AVAILABLE DATA START

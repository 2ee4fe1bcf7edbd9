-- ===== src/Controller/HttpRoute/Reconcile/Managed.antt =====
-- httproute_controller.go: what a route can make the operator write.
use pocketid_operator.Base.{
  ◌≡◌, refl, ap, ◌∙◌, ◌⊎◌, true, false, if◌then◌else◌, Option, none, some, ◌==◌, string_eq, eq_iff,
  ◌∷◌, Bool-cases, inl, inr,
}
use pocketid_operator.Base.Lists.{is_nil}
use pocketid_operator.Error.{Result, ok, err, is_not_found, Result-cases}
use pocketid_operator.Api.Meta.{ObjectMeta, CrossNamespaceObjectReference}
use pocketid_operator.Api.Core.{HttpRoute}
use pocketid_operator.Api.Instance.{Instance}
use pocketid_operator.Api.OidcClient.{OidcClient, EnvoyGatewayConfig}
use pocketid_operator.World.{
  Env, M, History, Verb, create, update, pure, on_error, fetch, put, ◌>>=◌, got, wrote,
  instance_kind, http_route_kind, oidc_client_kind,
}
use pocketid_operator.World.Effects.{effects, effects_reads}
use pocketid_operator.World.Keeps.{Keeps, keeps_rules}
use pocketid_operator.Controller.Steps.{Keeps-validate}
use pocketid_operator.Controller.Outcome.{Outcome, finished, failed}
use pocketid_operator.Controller.References.{
  Verdict, allowed, denied, undecided, validate_cross_namespace_reference,
  resolve_instance_reference, instance_key,
}
use pocketid_operator.Controller.References.Rules.{MayReference, validate-MayReference_iff}
use pocketid_operator.Controller.HttpRoute.Desired.{
  annotation, uses_envoy_gateway, annotation_oidc_enabled, annotation_allowed_groups, redirect_uris,
  desired_client, overwrite_spec, parse_allowed_group_refs,
}
use pocketid_operator.Controller.HttpRoute.Reconcile.{
  Choice, waiting, no_choice, chosen, choose_instance, write_client, apply_client, apply_route,
  with_choice, reconcile_route,
}

-- A route that asks for a gateway is itself protected by it, with the default paths.
abbrev pub wanted_gateway : HttpRoute → Option EnvoyGatewayConfig
wanted_gateway route =
    if uses_envoy_gateway route
    then some (record {
      enabled = true;
      http_route_ref = some (record { name = route.name; namespace = route.namespace });
      callback_path = "";
      logout_path = "";
    })
    else none

-- The one effect of a run: it writes an OIDC client for a route that asks for it, at an instance
-- that the namespace of the route may reference.
pub record Manages (env : Env) (route : HttpRoute) (h h' : History) : Type 0 where
  pub enabled : annotation route annotation_oidc_enabled ≡ "true"
  pub at : History
  pub instance : Instance
  pub ref : CrossNamespaceObjectReference
  pub at_read : History
  pub found : env.get instance_kind at_read (instance_key ref route.namespace) ≡ ok instance
  pub may_reference : MayReference env at instance route.namespace
  pub verb : Verb
  pub client : OidcClient
  pub client_ref : client.spec.instance_ref ≡ ref
  pub urls : client.spec.callback_urls ≡ redirect_uris route
  pub has_urls : is_nil client.spec.callback_urls ≡ false
  pub groups :
      client.spec.allowed_user_group_refs
      ≡ parse_allowed_group_refs (annotation route annotation_allowed_groups)
  pub gateway : client.spec.envoy_gateway ≡ wanted_gateway route
  pub one_effect : effects h' ≡ wrote verb oidc_client_kind client ∷ effects h

module _ (env : Env) (route : HttpRoute) where
  abbrev pub RouteEffect : History → History → Type 0
  RouteEffect h h' = (effects h' ≡ effects h) ⊎ Manages env route h h'

  Keeps-choose : (es : History) → Keeps (λ h. effects h ≡ es) (choose_instance env route)
  unfolding choose_instance
  Keeps-choose es = search (keeps_rules, effects_reads) depth 8

-- A route that asks for a client, at an instance that it may reference.
module _ (env : Env) (route : HttpRoute) (start : History)
    (enabled : annotation route annotation_oidc_enabled ≡ "true")
    (ref : CrossNamespaceObjectReference) (instance : Instance) (at_read at : History)
    (found : env.get instance_kind at_read (instance_key ref route.namespace) ≡ ok instance)
    (may_reference : MayReference env at instance route.namespace)
    (has_urls : is_nil (redirect_uris route) ≡ false) where
  abbrev desired : ObjectMeta → OidcClient
  desired m = record (desired_client route ref (redirect_uris route)) { metadata = m }

  -- What follows the write.
  abbrev conclude : Result OidcClient → M Outcome
  conclude written = on_error written (λ e. pure (failed e)) (λ c. pure finished)

  effects-conclude : (r : Result OidcClient) (h : History) → effects (conclude r h).1 ≡ effects h
  effects-conclude (ok c) h = refl
  effects-conclude (err e) h = refl

  manages :
      (v : Verb) (c : OidcClient) (h : History)
      → effects h ≡ effects start
      → c.spec.instance_ref ≡ ref
      → c.spec.callback_urls ≡ redirect_uris route
      → c.spec.allowed_user_group_refs
        ≡ parse_allowed_group_refs (annotation route annotation_allowed_groups)
      → c.spec.envoy_gateway ≡ wanted_gateway route
      → RouteEffect env route start
          (conclude (env.write v oidc_client_kind h c) (wrote v oidc_client_kind c ∷ h)).1
  manages v c h same r urls groups gateway = inr (record {
    enabled = enabled;
    at = at;
    instance = instance;
    ref = ref;
    at_read = at_read;
    found = found;
    may_reference = may_reference;
    verb = v;
    client = c;
    client_ref = r;
    urls = urls;
    has_urls = rw urls has_urls;
    groups = groups;
    gateway = gateway;
    one_effect =
        effects-conclude (env.write v oidc_client_kind h c) (wrote v oidc_client_kind c ∷ h)
        ∙ ap (λ es. wrote v oidc_client_kind c ∷ es) same;
  })

  RouteEffect-written :
      (m : ObjectMeta) (h : History) (answer : Result OidcClient)
      → effects h ≡ effects start
      → RouteEffect env route start ((write_client env (desired m) answer >>= conclude) h).1
  unfolding write_client put desired_client overwrite_spec ◌>>=◌
  RouteEffect-written m h (err e) same = elim (Bool-cases (is_not_found e)) [
    | inl missing ↦ rw missing (manages create (desired m) h same refl refl refl refl)
    | inr other ↦ rw other (inl same)
  ]
  RouteEffect-written m h (ok existing) same =
      manages update (record existing { spec = overwrite_spec existing.spec (desired m).spec }) h
        same refl refl refl refl

  RouteEffect-apply_client :
      (h : History)
      → effects h ≡ effects start
      → RouteEffect env route start
          (apply_client env route (desired_client route ref (redirect_uris route)) h).1
  unfolding apply_client fetch ◌>>=◌
  RouteEffect-apply_client h same =
      elim (Result-cases (
        env.set_controller_reference http_route_kind route.metadata
          (desired_client route ref (redirect_uris route)).metadata)) [
            | inl (e, p) ↦ rw (p, on_error) (inl same)
            | inr (m, p) ↦ rw (p, on_error) (RouteEffect-written m _ _ same)
          ]

module _ (env : Env) (route : HttpRoute) where
  RouteEffect-apply_route :
      annotation route annotation_oidc_enabled ≡ "true"
      → (ref : CrossNamespaceObjectReference) (instance : Instance) (start at_read at h : History)
      → env.get instance_kind at_read (instance_key ref route.namespace) ≡ ok instance
      → effects h ≡ effects start
      → (v : Verdict) → (validate_cross_namespace_reference env instance route.namespace at).0 ≡ v
      → RouteEffect env route start (apply_route env route ref v h).1
  unfolding apply_route
  RouteEffect-apply_route enabled ref i start at_read at h found same (undecided e) p = inl same
  RouteEffect-apply_route enabled ref i start at_read at h found same (denied r) p = inl same
  RouteEffect-apply_route enabled ref i start at_read at h found same allowed p =
      elim (Bool-cases (is_nil (redirect_uris route))) [
        | inl missing ↦ rw missing (inl same)
        | inr there ↦ rw there (
            RouteEffect-apply_client env route start enabled ref i at_read at found
              ((validate-MayReference_iff env i route.namespace at).0 p) there h same)
      ]

  RouteEffect-with_choice :
      annotation route annotation_oidc_enabled ≡ "true"
      → (start h : History) → effects h ≡ effects start
      → (c : Choice) → RouteEffect env route start (with_choice env route c h).1
  unfolding with_choice resolve_instance_reference fetch ◌>>=◌
  RouteEffect-with_choice enabled start h same waiting = inl same
  RouteEffect-with_choice enabled start h same (no_choice e) = inl same
  RouteEffect-with_choice enabled start h same (chosen ref) =
      elim (Result-cases (env.get instance_kind h (instance_key ref route.namespace))) [
        | inl (e, p) ↦ rw (p, on_error) (inl same)
        | inr (i, p) ↦
            let h' : History = got instance_kind (instance_key ref route.namespace) ∷ h in
            rw (p, on_error)
              (RouteEffect-apply_route enabled ref i start h h'
                (validate_cross_namespace_reference env i route.namespace h').1 p
                ((Keeps-validate env (effects_reads (effects start)) i route.namespace).at h' same)
                _ refl)
      ]

  -- A run on a route has no effect, or one: it writes an OIDC client. It does that only for a route
  -- whose annotation asks for it, at an instance that is there and that the namespace of the route
  -- may reference; the client has the redirect URIs of the route, of which there is one at least,
  -- the groups that the annotation names, and, where the route asks for one, a gateway for this
  -- route.
  pub reconcile_route-effect :
      (h : History) → RouteEffect env route h (reconcile_route env route h).1
  unfolding reconcile_route ◌>>=◌
  reconcile_route-effect h =
      elim (Bool-cases (annotation route annotation_oidc_enabled == "true")) [
        | inl enabled ↦ rw enabled (
            RouteEffect-with_choice
              ((eq_iff (annotation route annotation_oidc_enabled) "true").0 enabled) h
              (choose_instance env route h).1 ((Keeps-choose env route (effects h)).at h refl)
              (choose_instance env route h).0)
        | inr off ↦ rw off (inl refl)
      ]
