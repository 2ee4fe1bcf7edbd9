-- ===== src/Controller/Instance.antt =====
-- internal/controller/pocketidinstance_controller.go and instance_workload.go: Workload has the
-- objects that an instance wants, Secrets and Initialize two steps of the reconciler.
pub mod Workload
pub mod Secrets
pub mod Initialize
pub mod Reconcile
pub mod Bootstrap
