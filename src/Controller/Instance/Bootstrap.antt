-- ===== src/Controller/Instance/Bootstrap.antt =====
-- pocketidinstance_controller.go: what the instance reconciler makes once and then leaves alone,
-- the generated secrets and the first account.
pub mod Run
use pocketid_operator.Base.{
  ◌≡◌, refl, ap, String, Bool, true, false, ◌==◌, string_eq, eq_iff, eq_refl, not, ◌&&◌, ◌||◌,
  if◌then◌else◌, is_some, Option, none, some, List, [], ◌∷◌, arith, Bool-cases, Option-cases, inl,
  inr,
}
use pocketid_operator.Base.Lists.{is_nil}
use pocketid_operator.Error.{Error, Result, ok, err, is_not_found, Result-cases}
use pocketid_operator.Api.Meta.{Key, ObjectMeta, Condition, named}
use pocketid_operator.Api.Core.{Secret, ConfigMap, Service}
use pocketid_operator.Api.Workload.{StatefulSet}
use pocketid_operator.Api.Instance.{Instance, InitialAdminConfig}
use pocketid_operator.PocketId.Types.{User as Account}
use pocketid_operator.PocketId.Request.{
  Client, Request, Method, method_get, method_post, method_put, method_delete, no_body, user_body,
  as_users,
}
use pocketid_operator.PocketId.Client.{
  list_users, create_user_without_result, do_request, read_response, request,
}
use pocketid_operator.World.{
  Env, Machinery, History, Event, Kind, Verb, M, pure, on_error, on_nil, fetch, put, send,
  read_bytes, clock, ◌>>=◌, got, wrote, sent, read_random, create, update, update_status, patch,
  delete, instance_kind, secret_kind, config_map_kind, service_kind, stateful_set_kind,
}
use pocketid_operator.World.Keeps.{Keeps, IgnoresReads, IgnoresSends, IgnoresWrites, keeps_rules}
use pocketid_operator.Controller.Steps.{Keeps-set_condition}
use pocketid_operator.Controller.Access.{create_api_client_with_dev_default, get_secret}
use pocketid_operator.Controller.Instance.Secrets.{
  generate_random_key, create_secret, create_if_missing, ensure_secret, reconcile_api_key,
  reconcile_encryption_key, reconcile_secrets,
}
use pocketid_operator.Controller.Instance.Initialize.{
  admin_account, mark_initialized, create_admin, create_first_user, initialize_with,
  initialize_instance,
}
use pocketid_operator.Controller.Instance.Reconcile.{
  handle_deletion, write_config_map, reconcile_config_map, write_service, reconcile_service,
  write_stateful_set, reconcile_stateful_set, set_available, keep_initialized, write_ready,
  update_status_of, set_degraded_condition, reconcile_workload, reconcile_resources, add_finalizer,
  reconcile_instance, reconcile,
}

-- What the proofs use of `controllerutil`: an owner is set without a change of the object's name.
pub record KeepsNames (lib : Machinery) : Type 0 where
  pub name-owned :
      (k : Kind) (owner m m' : ObjectMeta)
      → lib.set_controller_reference k owner m ≡ ok m'
      → m'.name ≡ m.name
  pub namespace-owned :
      (k : Kind) (owner m m' : ObjectMeta)
      → lib.set_controller_reference k owner m ≡ ok m'
      → m'.namespace ≡ m.namespace

abbrev pub is_create : Verb → Bool
is_create create = true
is_create _ = false

abbrev pub is_get : Method → Bool
is_get method_get = true
is_get _ = false

abbrev pub is_missing : {A : Type 0} → Result A → Bool
is_missing (ok a) = false
is_missing (err e) = is_not_found e

abbrev pub is_none_listed : Result (List Account) → Bool
is_none_listed (ok us) = is_nil us
is_none_listed (err e) = false

-- A read of the secret of this name, then one of the random source, are the newest events, and the
-- answer to the read was that there is none.
abbrev pub missing_just_now : Env → ObjectMeta → History → Bool
missing_just_now env m (read_random ∷ got secret_kind k ∷ h) =
    k.name == m.name && k.namespace == m.namespace && is_missing (env.get secret_kind h k)
missing_just_now env m _ = false

-- The newest event is a request for the accounts, and the answer was that there are none.
abbrev pub no_accounts_just_now : Env → History → Bool
no_accounts_just_now env (sent r ∷ h) =
    is_get r.method
    && r.path == "/api/users"
    && is_none_listed (read_response as_users [] (env.http h r))
no_accounts_just_now env _ = false

-- Secrets are only created, and only where there is none of that name; and what is sent to PocketID
-- only reads, unless it has just said that it has no accounts.
unfoldable pub careful : Env → History → Bool
careful env [] = true
careful env (wrote v secret_kind s ∷ h) =
    is_create v && missing_just_now env s.metadata h && careful env h
careful env (sent r ∷ h) = (is_get r.method || no_accounts_just_now env h) && careful env h
careful env (_ ∷ h) = careful env h

abbrev pub IsCareful : Env → History → Type 0
IsCareful env h = careful env h ≡ true

module _ (env : Env) where
  pub IsCareful-reads : IgnoresReads (IsCareful env)
  unfolding careful
  IsCareful-reads = record {
    at_got = λ k key h p. p;
    at_listed = λ k ns h p. p;
    at_read_clock = λ h p. p;
    at_read_random = λ h p. p;
  }

  pub IsCareful-instance : (v : Verb) → IgnoresWrites (IsCareful env) v instance_kind
  unfolding careful
  IsCareful-instance v = record { at_wrote = λ x h p. p }

  Keeps-ensure_secret :
      KeepsNames env.lib
      → (i : Instance) (name key : String) → Keeps (IsCareful env) (ensure_secret env i name key)
  unfolding ensure_secret create_if_missing create_secret generate_random_key fetch read_bytes put
      ◌>>=◌ careful
  Keeps-ensure_secret names i name key = record {
    at = λ h p.
        let k : Key = record { name = name; namespace = i.namespace } in
        elim (Result-cases (env.get secret_kind h k)) [
          | inr (s, found) ↦ rw found p
          | inl (e, failed) ↦ elim (Bool-cases (is_not_found e)) [
            | inr other ↦ rw (failed, other) p
            | inl missing ↦
                elim (Result-cases (
                  env.set_controller_reference instance_kind i.metadata (named name i.namespace))) [
                    | inl (x, q) ↦ rw (failed, missing, q, on_error) p
                    | inr (m, q) ↦
                        rw
                          (
                            failed,
                            missing,
                            q,
                            on_error,
                            names.name-owned _ _ _ _ q,
                            names.namespace-owned _ _ _ _ q,
                            eq_refl name,
                            eq_refl i.namespace,
                          )
                          (rw (failed, missing) p)
                  ]
          ]
        ];
  }

  pub Keeps-secrets :
      KeepsNames env.lib → (i : Instance) → Keeps (IsCareful env) (reconcile_secrets env i)
  unfolding reconcile_secrets reconcile_api_key reconcile_encryption_key
  Keeps-secrets names i = search (keeps_rules, Keeps-ensure_secret) depth 10

  Keeps-mark_initialized : (i : Instance) → Keeps (IsCareful env) (mark_initialized env i)
  unfolding mark_initialized
  Keeps-mark_initialized i = search (keeps_rules, IsCareful-reads, Keeps-set_condition)

  IsCareful-create_admin :
      (i : Instance) (admin : InitialAdminConfig) (c : Client) (h : History)
      → no_accounts_just_now env h ≡ true
      → IsCareful env h
      → IsCareful env (create_admin env i admin c h).1
  unfolding create_admin create_user_without_result do_request send ◌>>=◌ careful
  IsCareful-create_admin i admin c h empty p =
      let r : Request = request c method_post "/api/users" (user_body (admin_account admin)) in
      let q : IsCareful env (sent r ∷ h) = ground arith in
      elim (Result-cases (create_user_without_result env c (admin_account admin) h).0) [
        | inl (e, failed) ↦ rw (failed, on_error) q
        | inr (u, made) ↦ rw (made, on_error) ((Keeps-mark_initialized i).at (sent r ∷ h) q)
      ]

  Keeps-create_first_user :
      (i : Instance) (admin : InitialAdminConfig) (c : Client)
      → Keeps (IsCareful env) (create_first_user env i admin c)
  unfolding create_first_user list_users do_request send ◌>>=◌ careful
  Keeps-create_first_user i admin c = record {
    at = λ h p.
        let r : Request = request c method_get "/api/users" no_body in
        elim (Result-cases (list_users env c h).0) [
          | inl (e, failed) ↦ rw (failed, on_error) p
          | inr ([], listed) ↦
              rw (listed, on_error)
                (IsCareful-create_admin i admin c (sent r ∷ h) (rw listed refl) p)
          | inr (u ∷ us, listed) ↦
              rw (listed, on_error) ((Keeps-mark_initialized i).at (sent r ∷ h) p)
        ];
  }

  pub Keeps-initialize : (i : Instance) → Keeps (IsCareful env) (initialize_instance env i)
  unfolding initialize_instance initialize_with create_api_client_with_dev_default get_secret
  Keeps-initialize i = search (keeps_rules, IsCareful-reads, Keeps-create_first_user) depth 12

AVAILABLE DATA END

Everything above from the line containing "RouteEffect h h'" through the line containing "(conclude (env.write v" must be copied exactly. Nothing outside that range belongs in the answer.

  RouteEffect h h' = (effects h' ≡ effects h) ⊎ Manages env route h h'

  Keeps-choose : (es : History) → Keeps (λ h. effects h ≡ es) (choose_instance env route)
  unfolding choose_instance
  Keeps-choose es = search (keeps_rules, effects_reads) depth 8

-- A route that asks for a client, at an instance that it may reference.
module _ (env : Env) (route : HttpRoute) (start : History)
    (enabled : annotation route annotation_oidc_enabled ≡ "true")
    (ref : CrossNamespaceObjectReference) (instance : Instance) (at_read at : History)
    (found : env.get instance_kind at_read (instance_key ref route.namespace) ≡ ok instance)
    (may_reference : MayReference env at instance route.namespace)
    (has_urls : is_nil (redirect_uris route) ≡ false) where
  abbrev desired : ObjectMeta → OidcClient
  desired m = record (desired_client route ref (redirect_uris route)) { metadata = m }

  -- What follows the write.
  abbrev conclude : Result OidcClient → M Outcome
  conclude written = on_error written (λ e. pure (failed e)) (λ c. pure finished)

  effects-conclude : (r : Result OidcClient) (h : History) → effects (conclude r h).1 ≡ effects h
  effects-conclude (ok c) h = refl
  effects-conclude (err e) h = refl

  manages :
      (v : Verb) (c : OidcClient) (h : History)
      → effects h ≡ effects start
      → c.spec.instance_ref ≡ ref
      → c.spec.callback_urls ≡ redirect_uris route
      → c.spec.allowed_user_group_refs
        ≡ parse_allowed_group_refs (annotation route annotation_allowed_groups)
      → c.spec.envoy_gateway ≡ wanted_gateway route
      → RouteEffect env route start
          (conclude (env.write v oidc_client_kind h c) (wrote v oidc_client_kind c ∷ h)).1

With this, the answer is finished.